# Tub Shower Valve for shower only...



## Repairman615 (Jan 10, 2011)

Hello Pros,

I am renovating a bathroom from 1/2 bath to bath with stand up shower.

Usually with a tub / shower valve in a shower only situation, I cap off the tub port. 

An idea has struck me to use the tub port to come up and tee into the shower riser pipe. Or, to use the tub and cap the shower. 

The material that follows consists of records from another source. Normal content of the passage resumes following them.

-- ===== src/Tsm/Integer/RoundTrip.antt =====
-- internal/tsm/integer.go against what the encoder of InfluxDB writes, for each encoding.
use tsm2arc.Prelude.{
  ℕ, zero, suc, sym, ◌*◌, ◌%◌, ◌+◌, ◌/◌, ◌^◌, ◌<◌, List, [], ◌∷◌, ◌++◌, map, ◌==◌, if◌then◌else◌,
  Bytes, ◌≡◌, refl, ap, ap₂, ◌∙◌, arith, All,
}
use tsm2arc.Prelude.Int64.{
  ℤ, pos, negsuc, int64, add64, IsInt64, int64-IsInt64, uint64, uint64-lt, int64-uint64,
  uint64-int64, add64_lem,
}
use tsm2arc.Tsm.{ok, crash, bad_int_enc}
use tsm2arc.Tsm.Binary.{put_big_endian, put_uvarint}
use tsm2arc.Tsm.Simple8b.Unpack.{unpack_all}
use tsm2arc.Tsm.Words.{
  IsWord, put_words, whole_words, big_endian_front, drop-put_big_endian, packed_values-put_words,
  read_uvarint-put, difference, differences, running_sums-differences, zig_zag_encode,
  zig_zag_decode-encode, long_enough,
}
use tsm2arc.Tsm.Timestamp.{zig_zag_decode, running_sums, repeat_step}
use tsm2arc.Tsm.Integer.{
  rle_values, decode_uncompressed, decode_rle, decode_packed, decode_ints, decode_integers,
}

zig_zag_encode-IsWord : (z : ℤ) → IsInt64 z → IsWord (zig_zag_encode z)
zig_zag_encode-IsWord (pos n) h = omega arith
zig_zag_encode-IsWord (negsuc n) h = omega arith

difference-IsInt64 : (a b : ℤ) → IsInt64 (int64 (difference a b))
difference-IsInt64 a b = int64-IsInt64 (difference a b) (omega arith)

-- The words of an uncompressed block: each difference, zig-zag, the first from 0.
abbrev pub zig_words : ℤ → List ℤ → List ℕ
zig_words prev [] = []
zig_words prev (v ∷ vs) = zig_zag_encode (int64 (difference v prev)) ∷ zig_words v vs

zig_words-IsWord : (prev : ℤ) (vs : List ℤ) → All IsWord (zig_words prev vs)
zig_words-IsWord prev [] = tt
zig_words-IsWord prev (v ∷ vs) = (
  zig_zag_encode-IsWord (int64 (difference v prev)) (difference-IsInt64 v prev),
  zig_words-IsWord v vs,
)

map-zig_words :
    (prev : ℤ) (vs : List ℤ)
    → map zig_zag_decode (zig_words prev vs) ≡ map int64 (differences prev vs)
map-zig_words prev [] = refl
map-zig_words prev (v ∷ vs) =
    ap₂ (λ d ds. d ∷ ds)
      (zig_zag_decode-encode (int64 (difference v prev)) (difference-IsInt64 v prev))
      (map-zig_words v vs)

uncompressed_body :
    (vs : List ℤ) → All IsInt64 vs → decode_uncompressed (put_words (zig_words (pos 0) vs)) ≡ ok vs
unfolding decode_uncompressed
uncompressed_body vs h =
    let (same, whole) = whole_words (zig_words (pos 0) vs) (zig_words-IsWord (pos 0) vs) in
    rw (whole, same)
      (ap ok (
        ap (running_sums (pos 0)) (map-zig_words (pos 0) vs)
        ∙ running_sums-differences (pos 0) vs h))

rle_body :
    (first delta : ℤ) (count : ℕ) (rest : Bytes)
    → IsInt64 first
    → IsInt64 delta
    → IsWord count
    → decode_rle (
        put_big_endian 8 (zig_zag_encode first)
        ++ (put_uvarint 9 (zig_zag_encode delta) ++ (put_uvarint 9 count ++ rest)))
      ≡ rle_values count first delta
unfolding decode_rle
rle_body first delta count rest h hd hc =
    let z = zig_zag_encode first in
    let hz = zig_zag_encode-IsWord first h in
    let tail = put_uvarint 9 (zig_zag_encode delta) ++ (put_uvarint 9 count ++ rest) in
    rw (long_enough z tail, big_endian_front z tail hz)
      (rw (drop-put_big_endian z tail) (
        rw
          (read_uvarint-put bad_int_enc (zig_zag_encode delta) (put_uvarint 9 count ++ rest)
            (zig_zag_encode-IsWord delta hd))
          (rw (read_uvarint-put bad_int_enc count rest hc)
            (rw (zig_zag_decode-encode first h, zig_zag_decode-encode delta hd) refl))))

packed_body :
    (first : ℤ) (ws : List ℕ)
    → IsInt64 first
    → All IsWord ws
    → decode_packed (put_big_endian 8 (zig_zag_encode first) ++ put_words ws)
      ≡ ok (first ∷ running_sums first (map zig_zag_decode (unpack_all ws)))
unfolding decode_packed
packed_body first ws h hw =
    let z = zig_zag_encode first in
    let hz = zig_zag_encode-IsWord first h in
    rw (long_enough z (put_words ws), big_endian_front z (put_words ws) hz)
      (rw (drop-put_big_endian z (put_words ws))
        (rw (packed_values-put_words bad_int_enc ws hw) (rw (zig_zag_decode-encode first h) refl)))

-- Every list of int64 values, written uncompressed, is read back; the sums wrap as the differences
-- did.
pub decode_integers-uncompressed :
    (low : ℕ) (vs : List ℤ)
    → low < 16
    → All IsInt64 vs
    → decode_integers (low ∷ put_words (zig_words (pos 0) vs)) ≡ ok vs
unfolding decode_integers decode_ints
decode_integers-uncompressed low vs hl h =
    let enc : low / 16 ≡ 0 = omega arith in rw enc (uncompressed_body vs h)

-- `n` values of the run from its `i`-th on: the first value and `i` steps, in 64 bits.
abbrev pub spaced : ℕ → ℕ → ℤ → ℤ → List ℤ
spaced zero i first delta = []
spaced (suc n) i first delta =
    int64 ((uint64 first + i * uint64 delta) % 2 ^ 64) ∷ spaced n (i + 1) first delta

one_step :
    (i : ℕ) (first delta : ℤ)
    → add64 (int64 ((uint64 first + i * uint64 delta) % 2 ^ 64)) delta
      ≡ int64 ((uint64 first + (i + 1) * uint64 delta) % 2 ^ 64)
one_step i first delta =
    let x = uint64 first + i * uint64 delta in
    let sum : (x % 2 ^ 64 + uint64 delta) % 2 ^ 64
        ≡ (uint64 first + (i + 1) * uint64 delta) % 2 ^ 64 =
      omega arith in
    add64_lem (int64 (x % 2 ^ 64)) delta
    ∙ rw (uint64-int64 (x % 2 ^ 64) (omega arith)) (ap int64 sum)

repeat_step-spaced :
    (n i : ℕ) (first delta : ℤ)
    → repeat_step n (int64 ((uint64 first + i * uint64 delta) % 2 ^ 64)) delta
      ≡ spaced n i first delta
unfolding repeat_step
repeat_step-spaced zero i first delta = refl
repeat_step-spaced (suc n) i first delta = rw (one_step i first delta) (
    ap (λ vs. int64 ((uint64 first + i * uint64 delta) % 2 ^ 64) ∷ vs)
      (repeat_step-spaced n (i + 1) first delta))

run-spaced :
    (count : ℕ) (first delta : ℤ)
    → IsInt64 first
    → first ∷ repeat_step count (add64 first delta) delta ≡ spaced (suc count) 0 first delta
run-spaced count first delta h =
    let start : (uint64 first + 0 * uint64 delta) % 2 ^ 64 ≡ uint64 first =
      omega (arith, uint64-lt first) in
    let here : int64 ((uint64 first + 0 * uint64 delta) % 2 ^ 64) ≡ first =
      ap int64 start ∙ int64-uint64 first h in
    let step : add64 first delta ≡ int64 ((uint64 first + 1 * uint64 delta) % 2 ^ 64) =
      ap (λ v. add64 v delta) (sym here) ∙ one_step 0 first delta in
    ap₂ (λ v vs. v ∷ vs) (sym here)
      (ap (λ v. repeat_step count v delta) step ∙ repeat_step-spaced count 1 first delta)

wraps : (count : ℕ) → IsWord count → ((count + 1) % 2 ^ 64 == 0) ≡ (count + 1 == 2 ^ 64)
wraps count h = ground arith

-- A run is read from its first value, its step and `count`, where `make` succeeds, for every uint64
-- `count` but the largest, as `count + 1` values, of which the `i`-th is the first and `i` steps, in 64 bits; at the
-- largest `count` the decoder panics.
pub decode_integers-rle :
    (low : ℕ) (first delta : ℤ) (count : ℕ) (rest : Bytes)
    → low < 16
    → IsInt64 first
    → IsInt64 delta
    → IsWord count
    → decode_integers (
        (32 + low)
        ∷ (put_big_endian 8 (zig_zag_encode first)
            ++ (put_uvarint 9 (zig_zag_encode delta) ++ (put_uvarint 9 count ++ rest))))
      ≡ (if count + 1 == 2 ^ 64 then crash else ok (spaced (suc count) 0 first delta))
unfolding decode_integers decode_ints rle_values
decode_integers-rle low first delta count rest hl h hd hc =
    let enc : (32 + low) / 16 ≡ 2 = omega arith in
    let run = run-spaced count first delta h in
    rw enc (
      rle_body first delta count rest h hd hc
      ∙ rw run
          (ap (λ t. if t then crash else ok (spaced (suc count) 0 first delta)) (wraps count hc)))

-- A packed block is the first value and words of zig-zag differences: each value is the one before
-- it plus its difference, and no difference is dropped.
decode_integers-packed :
    (low : ℕ) (first : ℤ) (ws : List ℕ)
    → low < 16
    → IsInt64 first
    → All IsWord ws
    → decode_integers ((16 + low) ∷ (put_big_endian 8 (zig_zag_encode first) ++ put_words ws))
      ≡ ok (first ∷ running_sums first (map zig_zag_decode (unpack_all ws)))
unfolding decode_integers decode_ints
decode_integers-packed low first ws hl h hw =
    let enc : (16 + low) / 16 ≡ 1 = omega arith in rw enc (packed_body first ws h hw)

My Logic: I am thinking more water would flow through the visible bigger hole in the valve.

Am I nuts? :blink:

Regards,
Jeff


----------



## Tech Dawg (Dec 13, 2010)

Possibly:laughing:
Doing something like that may cause an imbalance in the way the valve is designed to work but Mikes Plumbing should be able to get you an exact response...


----------



## rex (Jul 2, 2007)

dont waste your time....


----------



## KillerToiletSpider (May 27, 2007)

If you are using a valve with a built in diverter it will only discharge water from one of the ports or the other, but not both.


----------



## dsconstructs (Jul 20, 2010)

Considering the shower heads restricted flow.....water conservation, I don't believe you'll gain anything but making extra work for yourself.


----------



## Repairman615 (Jan 10, 2011)

Thanks guys.

I will go the normal route.

Sometimes I am nuts!!:laughing:

Thanks,

Jeff


----------



## Mike's Plumbing (Jul 19, 2010)

The government restricts flow...........so yeah, your nuts.:laughing:


----------